Las novenas de San Antonio de Padua

La novena poderosa a San Antonio de Padua es una de las muchas oraciones a este gran predicador franciscano, instructor y Doctor. La iglesia la realiza para buscar su ayuda. También menciona un gran milagro que se le atribuye, uno de muchos, cuando fue visto una noche bañado en luz en una habitación con el Niño Jesús en sus brazos. Lee a continuación:

Te saludo, San Antonio, lirio de pureza,

adorno y gloria del cristianismo.

 

Te saludo, gran santo, lleno de amor divino,

me alegro de los favores que nuestro Señor

te ha concedido tan generosamente.

 

Humildemente y con confianza te

pido que me ayudes, porque sé que Dios

te ha dado caridad y piedad, así como poder.

 

Buen San Antonio, manso y humilde a pesar

de tus grandes dones, y a quien

invocamos con tanta confianza

para que nos ayude a encontrar

lo que se ha perdido, te ruego,

te suplico, que nunca pierda mi fe,

el don que más aprecio.

Contempla mis necesidades: (mencione su petición).

Te ruego, por el amor que sentiste hacia

el pequeño Jesús cuando te abrazó

tan amorosamente, que le cuentes

ahora mis necesidades.

 

Recuerda lo completa que fue tu felicidad

cuando lo tuviste en tus brazos.

 

Te venero, gloriosa favorita de Dios,

e inclino mi culpable cabeza ante ti

en humilde reverencia,

mientras elevo mi triste corazón

lleno de esperanza

hacia el trono de la divina misericordia,

y a ti, mi intercesor.

 

Aquel que se puso en tus brazos

llenará ahora tus manos

con todo lo que te pido.

 

Obtén para mí lo que deseo,

si es la santa voluntad de Dios,

y daré a conocer el maravilloso poder

de tu intercesión para la mayor

gloria de Dios.

 

Amén.

San Antonio fue conocido en su corta pero memorable vida como un elocuente orador cuyos sermones defendiendo las verdades de la Iglesia Católica fortalecieron a innumerables personas en su fe. Se hizo famoso en toda Francia e Italia y era conocido por la multitud como el «martillo de los herejes».
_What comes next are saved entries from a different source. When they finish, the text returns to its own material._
-- ===== src/Doram/GigaDoram/Store/Serve.antt =====
-- An access serves the store that the hierarchy represents.
use gigadoram_rs.Base.{
  ℕ, ◌^◌, ◌/◌, ◌<◌, ◌≡◌, ◌≢◌, inl, inr, refl, sym, ap, ◌∙◌, subst, arith, List, [], ◌∷◌, Option,
  none, some, Bool, true, false, if◌then◌else◌, ℕ_discrete,
}
use gigadoram_rs.Base.Powers.{two_pow_le}
use gigadoram_rs.Primitives.Rep3.{zero_word}
use gigadoram_rs.Primitives.Value.{DoramValue, Record, from_value, zero_record}
use gigadoram_rs.DataStructures.SpeedCache.Spec.{
  contains, AtMostOnce, stored_addrs, stored_entries, cached_record,
}
use gigadoram_rs.DataStructures.SpeedCache.Query.{query_lem}
use gigadoram_rs.DataStructures.OhTable.Api.{OhTableApi}
use gigadoram_rs.Doram.GigaDoram.State.{Level, GigaDoram}
use gigadoram_rs.Doram.GigaDoram.Target.{live_keys}
use gigadoram_rs.Doram.GigaDoram.Invariant.{IsValid}
use gigadoram_rs.Doram.GigaDoram.Access.{
  Accumulated, query_levels, query_keys, tags, unwrap_or, access,
}
use gigadoram_rs.Doram.GigaDoram.Access.Kept.{keys_lem}
use gigadoram_rs.Doram.GigaDoram.Reachable.{Spare, query_budget}
use gigadoram_rs.DataStructures.OhTable.Answering.{Answering}
use gigadoram_rs.Doram.GigaDoram.Store.{
  Shadowed, Holds, Represents, EachTable, Misses, Apart, AllSound, written,
}
use gigadoram_rs.Doram.GigaDoram.Store.Levels.{Same, Shadowed-Same, Waiting-Same}
use gigadoram_rs.Doram.GigaDoram.Store.Walk.{Walked, walk, Shadowed-walk, Waiting-walk}
use gigadoram_rs.Doram.GigaDoram.Store.Cache.{SameAt, ne-false, self-true, refresh, pick-absent}

module _ {V : Type 0} ⦃d : DoramValue V⦄ (api : OhTableApi V) (answers : Answering api) where
  -- The walk that follows the cache's answer, and the value that it finds.
  record Served (g : GigaDoram api) (random : ℕ → ℕ) (x : ℕ) (v : V) : Type 0 where
    levels : List (Level api.Table)
    last : Accumulated api
    ran :
        walk api answers random x 0 g.levels (record {
          y_accum = cached_record g.speed_cache x;
          found = contains x (stored_addrs g.speed_cache);
        })
        ≡ some (levels, last)
    value : last.y_accum.value ≡ v
    left : Walked api answers random x 0 g.levels levels

  serve :
      (g : GigaDoram api) (random : ℕ → ℕ) (x : ℕ) (v : V)
      → AllSound api answers g.levels
      → Spare api g.levels
      → Misses api answers random 0 g.levels
      → Holds api answers g x v
      → Served g random x v
  serve g random x v sound spare misses h = elim h.held [
    | inl (stored, is, shadowed) ↦
        let r = cached_record g.speed_cache x in
        let (ls', ran, left) =
          Shadowed-walk api answers random x r 0 g.levels sound spare misses shadowed in
        record {
          levels = ls';
          last = record { y_accum = r; found = true };
          ran = subst (λ b. Ran r b ls' (record { y_accum = r; found = true })) (sym stored) ran;
          value = is;
          left = left;
        }
    | inr (absent, waiting) ↦
        let r = cached_record g.speed_cache x in
        let (last, is, (ls', ran, left)) =
          Waiting-walk api answers random x v 0 g.levels sound spare misses waiting in
        record {
          levels = ls';
          last = last;
          ran =
              subst (λ b. Ran r b ls' last) (sym absent)
                (subst (λ u. Ran u false ls' last)
                  (sym (
                    pick-absent zero_record x (stored_addrs g.speed_cache)
                      (stored_entries g.speed_cache) absent))
                  ran);
          value = is;
          left = left;
        }
  ]
    where
      Ran : Record V → Bool → List (Level api.Table) → Accumulated api → Type 0
      Ran r b ls' last =
          walk api answers random x 0 g.levels (record { y_accum = r; found = b })
          ≡ some (ls', last)

  held_other :
      (g g' : GigaDoram api) (x' : ℕ) (v : V)
      → SameAt g.speed_cache g'.speed_cache x'
      → Same api answers x' g.levels g'.levels
      → Holds api answers g x' v
      → Holds api answers g' x' v
  held_other g g' x' v cache levels h = record {
    once = cache.once;
    held = elim h.held [
      | inl (stored, is, shadowed) ↦ inl (
        cache.contained ∙ stored,
        ap (λ (r : Record V). r.value) cache.record_held ∙ is,
        subst (λ (r : Record V). Shadowed api answers x' r.alibi 0 g'.levels)
            (sym cache.record_held)
            (Shadowed-Same api answers x' (cached_record g.speed_cache x').alibi 0 g.levels
              g'.levels levels shadowed),
      )
      | inr (absent, waiting) ↦ inr (
        cache.contained ∙ absent,
        Waiting-Same api answers x' v 0 g.levels g'.levels levels waiting,
      )
    ];
  }

  -- The address that was accessed is in the cache.
  held_self :
      (g : GigaDoram api) (x : ℕ) (v : V)
      → AtMostOnce x (stored_addrs g.speed_cache)
      → contains x (stored_addrs g.speed_cache) ≡ true
      → cached_record g.speed_cache x ≡ from_value v
      → Shadowed api answers x zero_word 0 g.levels
      → Holds api answers g x v
  held_self g x v once contained held shadowed = record {
    once = once;
    held = inl (
      contained,
      ap (λ (r : Record V). r.value) held,
      subst (λ (r : Record V). Shadowed api answers x r.alibi 0 g.levels) (sym held) shadowed,
    );
  }

  written_self :
      (store : ℕ → V) (x : ℕ) (write_y : Option V)
      → unwrap_or write_y (store x) ≡ written store x write_y x
  unfolding unwrap_or
  written_self store x none = refl
  written_self store x (some y) = ap (λ b. if b then y else store x) (sym (self-true x))

  written_other :
      (store : ℕ → V) (x x' : ℕ) (write_y : Option V)
      → x ≢ x'
      → written store x write_y x' ≡ store x'
  written_other store x x' none ne = refl
  written_other store x x' (some y) ne =
      ap (λ b. if b then y else store x') (ne-false x' x (λ e. ne (sym e)))

  Apart-tables :
      (x x' : ℕ)
      → x < 2 ^ 32
      → x' < 2 ^ 32
      → x ≢ x'
      → (ls : List (Level api.Table)) → AllSound api answers ls
      → Apart api answers x x' ls
  Apart-tables x x' lt lt' ne [] sound = tt
  Apart-tables x x' lt lt' ne (l ∷ ls) (sound, sounds) =
      (apart_table l.table sound, Apart-tables x x' lt lt' ne ls sounds)
    where
      apart_table :
          (o : Option api.Table)
          → EachTable api answers answers.Sound o
          → EachTable api answers
              (λ t. api.prf (api.packed_key t) x' / 2 ^ 32 ≢ api.prf (api.packed_key t) x / 2 ^ 32)
              o
      apart_table none sound = tt
      apart_table (some t) sound = answers.labels_apart t x x' sound lt lt' ne

  -- Well-formed hierarchies that represent a store serve it: while the cache has a free slot, a
  -- read or a write of an address succeeds and returns the value that the store has for it, and it
  -- leaves a hierarchy that represents the store with the address written, or the same store after
  -- a read. The tables answer, and the tags drawn for dummies are nobody's.
  pub access-Represents :
      (g : GigaDoram api) (store : ℕ → V) (x : ℕ) (write_y : Option V) (random : ℕ → ℕ)
      → IsValid api g
      → g.speed_cache.num_stored < g.speed_cache.length
      → Represents api answers g store
      → x < 2 ^ g.config.log_address_space_size
      → Misses api answers random 0 g.levels
      → (g' : GigaDoram api) × (access api g x write_y random ≡ some (g', store x))
        × Represents api answers g' (written store x write_y)
  unfolding access
  access-Represents g store x write_y random v room rep in_space misses =
      let h = rep.holds x in_space in
      let served = serve g random x (store x) rep.sound (query_budget api g v room) misses h in
      let (cache, wrote, fresh) =
        refresh g.speed_cache x (from_value (unwrap_or write_y served.last.y_accum.value))
          v.cache_valid room h.once (in_range x in_space) in
      let after : GigaDoram api = record g {
        speed_cache = cache;
        levels = served.levels;
        packed_query_key = some (query_keys api g);
      } in
      let current : query_keys api g ≡ live_keys api g.levels =
        keys_lem api g.packed_query_key g.levels v.keys_current in
      let asked = query_lem g.speed_cache x none v.cache_valid h.once (inl refl) in
      let ran =
        subst
          (λ ks.
            query_levels api 0 g.levels (tags api ks x) random (record {
              y_accum = cached_record g.speed_cache x;
              found = contains x (stored_addrs g.speed_cache);
            })
            ≡ some (served.levels, served.last))
          (sym current) served.ran in
      (
        after,
        rw (asked, ran, wrote) (ap (λ y. some (after, y)) served.value),
        record {
          sound = served.left.sound;
          holds = λ x' in_space'. elim (ℕ_discrete x x') [
            | yes same ↦
                subst (λ y. Holds api answers after y (written store x write_y y)) same
                  (held_self after x (written store x write_y x) fresh.once fresh.contained
                    (fresh.record_held
                      ∙ ap (λ y. from_value (unwrap_or write_y y)) served.value
                      ∙ ap from_value (written_self store x write_y))
                    served.left.own)
            | no other ↦
                subst (λ y. Holds api answers after x' y)
                  (sym (written_other store x x' write_y other))
                  (held_other g after x' (store x')
                    (fresh.others x' other (λ e. in_range x' in_space' (sym e))
                      (rep.holds x' in_space').once)
                    (served.left.others x' (
                      Apart-tables x x' (fits x in_space) (fits x' in_space') other g.levels
                        rep.sound))
                    (rep.holds x' in_space'))
          ];
        },
      )
    where
      in_range :
          (y : ℕ)
          → y < 2 ^ g.config.log_address_space_size
          → y ≢ 2 ^ g.speed_cache.log_address_space_size
      in_range y lt e = absurd (omega (arith, lt, e, ap (λ (n : ℕ). 2 ^ n) v.cache_log))

      fits : (y : ℕ) → y < 2 ^ g.config.log_address_space_size → y < 2 ^ 32
      fits y lt = omega (
        arith,
        lt,
        two_pow_le g.config.log_address_space_size 32 (omega (arith, v.config_valid.labels_fit)),
      )
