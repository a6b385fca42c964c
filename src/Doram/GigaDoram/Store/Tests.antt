-- ===== src/Doram/GigaDoram/Store/Tests.antt =====
-- Four addresses over the code's tables: the first level has been built of a dummy, which stands
-- in the stash, and of the address 3.
use gigadoram_rs.Base.{
  some-inj, none-some, ℕ, zero, suc, ◌+◌, ◌*◌, ◌^◌, ◌<◌, ◌≡◌, ◌≢◌, refl, ap, ◌∙◌, arith, inl, inr,
  List, [], ◌∷◌, Option, none, some, false, get_elem?,
}
use gigadoram_rs.Primitives.Value.{Record, ring_value, from_value, set_alibi_bit}
use gigadoram_rs.Primitives.Utils.{low_u32, set_low_u32}
use gigadoram_rs.Primitives.Permutation.{sample_from_rng, shuffle, inverse_shuffle, evaluate_at}
use gigadoram_rs.Primitives.ArrayShuffle.{forward, backward}
use gigadoram_rs.DataStructures.Cht.{h0, h1, build, lookup}
use gigadoram_rs.DataStructures.OhTable.Params.{OhTableParams, validate}
use gigadoram_rs.DataStructures.OhTable.Table.{OhTable, Draws, Coins, compact, unbuilt, new}
use gigadoram_rs.DataStructures.OhTable.Answering.{missing, present}
use gigadoram_rs.DataStructures.OhTable.Valid.{IsTable}
use gigadoram_rs.DataStructures.OhTable.New.{new-IsTable}
use gigadoram_rs.DataStructures.OhTable.Lookups.{TagsApart, Labels}
use gigadoram_rs.DataStructures.OhTable.Contents.{new-Holds}
use gigadoram_rs.DataStructures.OhTable.Entries.{entry, IsSound}
use gigadoram_rs.DataStructures.OhTable.Tables.{oh_tables}
use gigadoram_rs.DataStructures.OhTable.Served.{oh_answering}
use gigadoram_rs.Doram.Config.{GigaDoramConfig, empirical}
use gigadoram_rs.Doram.GigaDoram.State.{GigaDoram, empty_level, num_elements_at}
use gigadoram_rs.Doram.GigaDoram.Invariant.{IsValid}
use gigadoram_rs.Doram.GigaDoram.Access.{access}
use gigadoram_rs.Doram.GigaDoram.Store.{Holds, Represents, written}
use gigadoram_rs.Doram.GigaDoram.Store.Serve.{access-Represents}

abbrev four : GigaDoramConfig
four = record {
  log_address_space_size = 2;
  num_levels = 2;
  log_speed_cache_size = 1;
  log_amp_factor = 1;
  stash_size = 1;
  cht_bounds = empirical;
}

abbrev four_params : OhTableParams
four_params = record {
  num_elements = 2;
  num_dummies = 1;
  stash_size = 1;
  log_single_col_len = 2;
  log_address_space_size = 2;
}

-- Every draw keeps the position.
abbrev identity_draws : Draws
identity_draws = record { draw = λ i. i; bound = λ i. omega arith }

abbrev plain_coins : Coins
plain_coins = record {
  builder_shuffler = λ id. identity_draws;
  builder_local_perm = identity_draws;
  receiver_shuffler = λ id. identity_draws;
}

abbrev plain_prf : ℕ → ℕ → ℕ
plain_prf key x = (x + key) * 2 ^ 96 + x * 2 ^ 64

abbrev level_xs : List ℕ
level_xs = 4 ∷ 3 ∷ []

abbrev level_ys : List (Record ℕ)
level_ys = from_value 0 ∷ from_value 30 ∷ []

abbrev level_run : Option (OhTable ℕ ℕ)
unfolding new
level_run = new plain_prf four_params level_xs level_ys 7 plain_coins

abbrev level_table : OhTable ℕ ℕ
unfolding level_run
level_table = elim level_run [ some t ↦ t | none ↦ unbuilt plain_prf four_params 7 ]

level_run_test : level_run ≡ some level_table
unfolding level_run level_table validate forward shuffle sample_from_rng backward inverse_shuffle
    compact build h0 h1 low_u32 set_low_u32 evaluate_at
level_run_test = refl

level_IsTable : IsTable level_table
unfolding level_run
level_IsTable =
    (new-IsTable plain_prf four_params level_xs level_ys 7 plain_coins level_table (omega arith)
      level_run_test).0

plain_TagsApart : TagsApart plain_prf 7
plain_TagsApart = record {
  apart = λ x x' lt lt' ne same. ne (omega (arith, lt, lt', same));
  real = λ x lt same. absurd (omega (arith, lt, same));
}

level_Labels : Labels level_xs
level_Labels = record { small = small; once = once }
  where
    small : (e x : ℕ) → get_elem? level_xs e ≡ some x → x < 2 ^ 32
    small zero x h = omega (arith, some-inj h)
    small (suc zero) x h = omega (arith, some-inj h)
    small (suc (suc e)) x h = absurd (none-some h)

    once : (e e' x : ℕ) → get_elem? level_xs e ≡ some x → get_elem? level_xs e' ≡ some x → e ≡ e'
    once zero zero x h h' = refl
    once zero (suc zero) x h h' = absurd (omega (arith, some-inj h, some-inj h'))
    once zero (suc (suc e')) x h h' = absurd (none-some h')
    once (suc zero) zero x h h' = absurd (omega (arith, some-inj h, some-inj h'))
    once (suc zero) (suc zero) x h h' = refl
    once (suc zero) (suc (suc e')) x h h' = absurd (none-some h')
    once (suc (suc e)) e' x h h' = absurd (none-some h)

abbrev small_doram : GigaDoram (oh_tables {V = ℕ} plain_prf)
small_doram = record {
  config = four;
  speed_cache = record {
    length = 2;
    log_address_space_size = 2;
    num_stored = 1;
    addrs = 4 ∷ 4 ∷ [];
    entries = set_alibi_bit (from_value 0) 0 ∷ from_value 0 ∷ [];
  };
  levels =
      record { digit = 1; table = some (level_table, level_IsTable) }
      ∷ empty_level (oh_tables {V = ℕ} plain_prf)
      ∷ [];
  packed_query_key = none;
  packed_batch_query_keys = none;
  had_initial_bottom_level = false;
}

small_doram-IsValid : IsValid (oh_tables {V = ℕ} plain_prf) small_doram
unfolding level_table level_run validate forward shuffle sample_from_rng backward inverse_shuffle
    compact build h0 h1 low_u32 set_low_u32 evaluate_at num_elements_at
small_doram-IsValid = record {
  config_valid = record {
    has_level = omega arith;
    labels_fit = omega arith;
    cache_shift = omega arith;
    amp_shift = omega arith;
    stash_fits = omega arith;
    alibi_fits = omega arith;
    size_matches = refl;
  };
  levels_length = refl;
  cache_valid = record { addrs_length = refl; entries_length = refl; stored = omega arith };
  cache_length = refl;
  cache_log = refl;
  stash_stored = omega arith;
  levels_valid = (
    record {
      digit_positive = omega arith;
      dummies = refl;
      elements = refl;
      stash = refl;
      used = refl;
    },
    (λ _. omega arith),
    (refl, (λ _. omega arith), tt),
  );
  keys_current = λ keys h. cc;
  batch_keys_current = λ count keys h. cc;
}

-- The store: 30 at the address 3, and zero elsewhere.
abbrev small_store : ℕ → ℕ
small_store (suc (suc (suc zero))) = 30
small_store x = 0

entry_three : entry level_table (plain_prf 7 3) ≡ present (from_value 30)
unfolding entry level_table level_run validate forward shuffle sample_from_rng backward
    inverse_shuffle compact build h0 h1 low_u32 set_low_u32 evaluate_at lookup
entry_three = refl

entry_nine : entry level_table (plain_prf 7 9) ≡ missing
unfolding entry level_table level_run validate forward shuffle sample_from_rng backward
    inverse_shuffle compact build h0 h1 low_u32 set_low_u32 evaluate_at lookup
entry_nine = refl

level_key : level_table.key ≡ 7
unfolding level_table level_run validate forward shuffle sample_from_rng backward inverse_shuffle
    compact build h0 h1 low_u32 set_low_u32 evaluate_at
level_key = refl

not_built : (x : ℕ) → x < 3 → (e : ℕ) → get_elem? level_xs e ≢ some x
not_built x lt zero h = absurd (omega (arith, lt, some-inj h))
not_built x lt (suc zero) h = absurd (omega (arith, lt, some-inj h))
not_built x lt (suc (suc e)) h = none-some h

entry_low : (x : ℕ) → x < 3 → entry level_table (plain_prf level_table.key x) ≡ missing
unfolding level_run
entry_low x lt =
    let contents =
      new-Holds plain_prf four_params level_xs level_ys 7 plain_coins level_table (omega arith)
        plain_TagsApart level_Labels level_run_test in
    ap (λ k. entry level_table (plain_prf k x)) level_key
    ∙ contents.others x (omega (arith, lt)) (not_built x lt)

level-IsSound : IsSound plain_prf level_table
unfolding level_run
level-IsSound =
    (new-Holds plain_prf four_params level_xs level_ys 7 plain_coins level_table (omega arith)
      plain_TagsApart level_Labels level_run_test).sound

small_Represents :
    Represents (oh_tables {V = ℕ} plain_prf) (oh_answering plain_prf) small_doram small_store
small_Represents = record { sound = (level-IsSound, (tt, tt)); holds = holds }
  where
    holds :
        (x : ℕ)
        → x < 4
        → Holds (oh_tables {V = ℕ} plain_prf) (oh_answering plain_prf) small_doram x (small_store x)
    holds zero lt = record {
      once = ((λ h. refl), tt);
      held = inr (refl, inl (entry_low 0 (omega arith), refl));
    }
    holds (suc zero) lt = record {
      once = ((λ h. refl), tt);
      held = inr (refl, inl (entry_low 1 (omega arith), refl));
    }
    holds (suc (suc zero)) lt = record {
      once = ((λ h. refl), tt);
      held = inr (refl, inl (entry_low 2 (omega arith), refl));
    }
    holds (suc (suc (suc zero))) lt = record {
      once = ((λ h. refl), tt);
      held = inr (
        refl,
        inr (
          from_value 30,
          ap (λ k. entry level_table (plain_prf k 3)) level_key ∙ entry_three,
          refl,
          (tt, tt),
        ),
      );
    }
    holds (suc (suc (suc (suc x)))) lt = absurd (omega (arith, lt))

-- Reading the address 3 from the table.
access-Represents_example :
    (g' : GigaDoram (oh_tables {V = ℕ} plain_prf)) × (access
        (oh_tables plain_prf)
        small_doram
        3
        none
        (λ level. plain_prf 7 9)
      ≡ some (g', 30))
    × Represents (oh_tables plain_prf) (oh_answering plain_prf) g' (written small_store 3 none)
access-Represents_example =
    access-Represents (oh_tables plain_prf) (oh_answering plain_prf) small_doram small_store 3 none
      (λ level. plain_prf 7 9) small_doram-IsValid (omega arith) small_Represents (omega arith)
      (entry_nine, (tt, tt))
El impacto de San Antonio fue tal que fue canonizado como santo sólo un año después de su muerte por el Papa Gregorio IX en 1232. Hoy en día es venerado como un santo patrono de, entre otros, los pobres, los viajeros, y, más famoso, los que buscan artículos perdidos. Su fiesta es el 13 de junio.

La historia de las novenas

La palabra «novena» viene del latín y significa «nueve cada uno». Es una oración o Santa Misa que se ofrece durante nueve días consecutivos. Bíblicamente, las novenas tienen su origen en los nueve días de oración antes de Pentecostés.  Después de la Ascensión, los apóstoles y discípulos, en obediencia al Señor, se reunieron en el cenáculo y se dedicaron a la oración constante, junto con María, la Madre de Jesús. En el libro de Hechos podemos leerlo.

Los nueve días de oración también pueden ser considerados como una representación de los nueve meses de Jesús en el vientre de María. Como Jesús nuestra cabeza, nosotros su cuerpo también nacerá de María y del Espíritu Santo. Los nueve días de oración se gestaron antes del nacimiento de la Iglesia en Pentecostés. Desde entonces, cada novena puede ser considerada como un tiempo de gestación antes de una nueva efusión del Espíritu Santo.